●近代ツーリズムの始まりとされる「グランド・ツアー」に関する同時代の資料
●18世紀英国旅行者必携の書とされたガイドの初の復刻
●観光学だけでなく、18世紀英国研究の資料としても貴重
●新序文入り
18世紀に入るまで英国での観光旅行は国内の旅にほとんど限定されており、ごく僅かの貴族達を除けば、一般に国外への旅は大きな危険を伴うものと考えられていました。この傾向は18世紀になると急激な変化を見せ、上流の家庭で子弟のエリート教育の一環として、ヨーロッパ大陸への旅行が重んじられ始められます。グランド・ツアーと称されたこの遊学の旅は、文化先進国であったイタリアやフランスを主な目的地としました。
この旅行には家庭教師や時には牧師までも同行し、通常1-2年、時には数年間にも及ぶもので、この経験は英国の若者が真のジェントルマンと見做される最低条件と考えられるようになりました。

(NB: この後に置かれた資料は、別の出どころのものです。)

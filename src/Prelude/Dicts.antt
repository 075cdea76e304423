-- ===== src/Prelude/Dicts.antt =====
-- A Python dict keyed by strings, as an association list in insertion order.
use Prim.Native.String.{String}
use mathlib.Core.Path.{◌≡◌, refl, ◌∙◌}
use mathlib.Core.Bool.{Bool, false}
use mathlib.Core.Logic.{inl, inr}
use mathlib.Core.Option.{Option, none, some}
use mathlib.Core.List.{List, [], ◌∷◌}
use native.Mathlib.Omega.{arith}
use text.Mathlib.Text.{◌==◌ as str_eq}
use text.Mathlib.TextEquality.{eq_iff}
use amazon_s3_encryption_cli.Prelude.Tests.{if◌then◌else◌, is_some, Bool-cases}

abbrev pub Dict {ℓ} : Type ℓ → Type ℓ
Dict V = List (String × V)

module _ {ℓ} {V : Type ℓ} where
  -- `d.get(k)`
  unfoldable pub lookup : String → Dict V → Option V
  lookup k [] = none
  lookup k ((j, v) ∷ d) = if str_eq j k then some v else lookup k d

  -- `d[k] = v`
  unfoldable pub insert : String → V → Dict V → Dict V
  insert k v [] = (k, v) ∷ []
  insert k v ((j, w) ∷ d) = if str_eq j k then (j, v) ∷ d else (j, w) ∷ insert k v d

  -- `d.pop(k, None)`
  unfoldable pub erase : String → Dict V → Dict V
  erase k [] = []
  erase k ((j, v) ∷ d) = let rest = erase k d in if str_eq j k then rest else (j, v) ∷ rest

  -- `d.update(e)`
  unfoldable pub update : Dict V → Dict V → Dict V
  update d [] = d
  update d ((k, v) ∷ e) = update (insert k v d) e

  -- `k in d`
  abbrev pub contains : String → Dict V → Bool
  contains k d = is_some (lookup k d)

  pub lookup-insert :
      (k j : String) (v : V) (d : Dict V)
      → lookup j (insert k v d) ≡ (if str_eq k j then some v else lookup j d)
  unfolding lookup insert
  lookup-insert k j v [] = refl
  lookup-insert k j v ((i, w) ∷ d) =
      ground (arith, eq_iff k j, eq_iff i k, eq_iff i j, lookup-insert k j v d)

  pub lookup-erase :
      (k j : String) (d : Dict V) → lookup j (erase k d) ≡ (if str_eq k j then none else lookup j d)
  unfolding lookup erase
  lookup-erase k j [] = ground arith
  lookup-erase k j ((i, v) ∷ d) =
      ground (arith, lookup-erase k j d, eq_iff i k, eq_iff i j, eq_iff k j)

-- No key twice, as in every Python dict.
abbrev pub IsDict {ℓ} : {V : Type ℓ} → Dict V → Type ℓ
IsDict [] = Unit
IsDict ((k, v) ∷ d) = (lookup k d ≡ none) × IsDict d

module _ {ℓ} {V : Type ℓ} where
  pub erase_absent : (k : String) (d : Dict V) → lookup k d ≡ none → erase k d ≡ d
  unfolding lookup erase
  erase_absent k [] h = refl
  erase_absent k ((j, v) ∷ d) h = ground (arith, erase_absent k d)

  -- Taking out a key that was new gives the dict back.
  pub erase-insert_new :
      (k : String) (v : V) (d : Dict V) → lookup k d ≡ none → erase k (insert k v d) ≡ d
  unfolding lookup erase insert
  erase-insert_new k v [] h = ground (arith, eq_iff k k)
  erase-insert_new k v ((j, w) ∷ d) h = ground (arith, erase-insert_new k v d)

module _ {ℓ} {V : Type ℓ} where
  pub lookup-update_missing :
      (k : String) (d e : Dict V) → lookup k e ≡ none → lookup k (update d e) ≡ lookup k d
  unfolding lookup update
  lookup-update_missing k d [] h = refl
  lookup-update_missing k d ((j, v) ∷ e) h =
      let rest : lookup k e ≡ none = ground arith in
      let other : str_eq j k ≡ false = ground arith in
      lookup-update_missing k (insert j v d) e rest ∙ lookup-insert j k v d ∙ rw other refl

  -- A key that `d` lacks is in `d.update(e)` what it is in `e`.
  pub lookup-update_new :
      (k : String) (d e : Dict V)
      → IsDict e
      → lookup k d ≡ none
      → lookup k (update d e) ≡ lookup k e
  unfolding lookup update
  lookup-update_new k d [] h n = n
  lookup-update_new k d ((j, v) ∷ e) (new, h) n = elim (Bool-cases (str_eq j k)) [
    | inl s ↦
        let same : j ≡ k = (eq_iff j k).0 s in
        lookup-update_missing k (insert j v d) e (rw same at new)
        ∙ lookup-insert j k v d
        ∙ rw s refl
    | inr s ↦ lookup-update_new k (insert j v d) e h (lookup-insert j k v d ∙ rw s n) ∙ rw s refl
  ]

  pub erase-IsDict : (k : String) (d : Dict V) → IsDict d → IsDict (erase k d)
  unfolding lookup erase
  erase-IsDict k [] h = tt
  erase-IsDict k ((j, w) ∷ d) (new, h) = elim (Bool-cases (str_eq j k)) [
    | inl same ↦ rw same (erase-IsDict k d h)
    | inr other ↦ rw other (ground (arith, lookup-erase k j d), erase-IsDict k d h)
  ]

  pub insert-IsDict : (k : String) (v : V) (d : Dict V) → IsDict d → IsDict (insert k v d)
  unfolding lookup insert
  insert-IsDict k v [] h = (refl, tt)
  insert-IsDict k v ((j, w) ∷ d) (new, h) = elim (Bool-cases (str_eq j k)) [
    | inl same ↦ rw same (new, h)
    | inr other ↦ rw other (absent other, insert-IsDict k v d h)
  ]
    where
      absent : str_eq j k ≡ false → lookup j (insert k v d) ≡ none
      absent other =
          let unlike : str_eq k j ≡ false = ground (arith, eq_iff j k, eq_iff k j, other) in
          lookup-insert k j v d ∙ rw unlike new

本書はこの時代を代表するトラベル・ライター、トマス・ニュージェントによる最も成功した旅行ガイドブックで、グランド・ツアーに旅立つ当時の若者達には必携の書とされました。グランド・ツアーに旅立つ彼らを待ち受けるものは、必ずしも洗練された文化だけでなく、旅先での犯罪や様々なトラブルもつきもののはずで、このようなガイドは異文化への理解を深める上でも不可欠な情報源だったのでしょう。グランド・ツアーは19世紀半ばにはより大衆化したパッケージ・ツアーに変化し、トマス・クックやベドカーらの旅行ガイドがこのニュージェントのガイドと同じような役割を果たすことにな
ります。
このようにグランド・ツアーは近代ツーリズムの始まりと考えられており、今日の観光学やその歴史研究の最も重要なテーマの一つとなっています。しかしその実態を知る上での同時代の史・資料は極めて少なく、本書もいままで一度も復刻されたことのないものです。また、このグランド・ツアーの流行の背景には18世紀英国知識階級のローマ時代への郷愁や、フランスやイタリア文化への劣等感があり、そのような社会史や文化研究にも貴重な情報が本書から得られます。
近代ツーリズム史研究の一次資料としてだけでなく、ヨーロッパ18世紀研究の幅広い情報源としてどうぞ本書をお役立てください。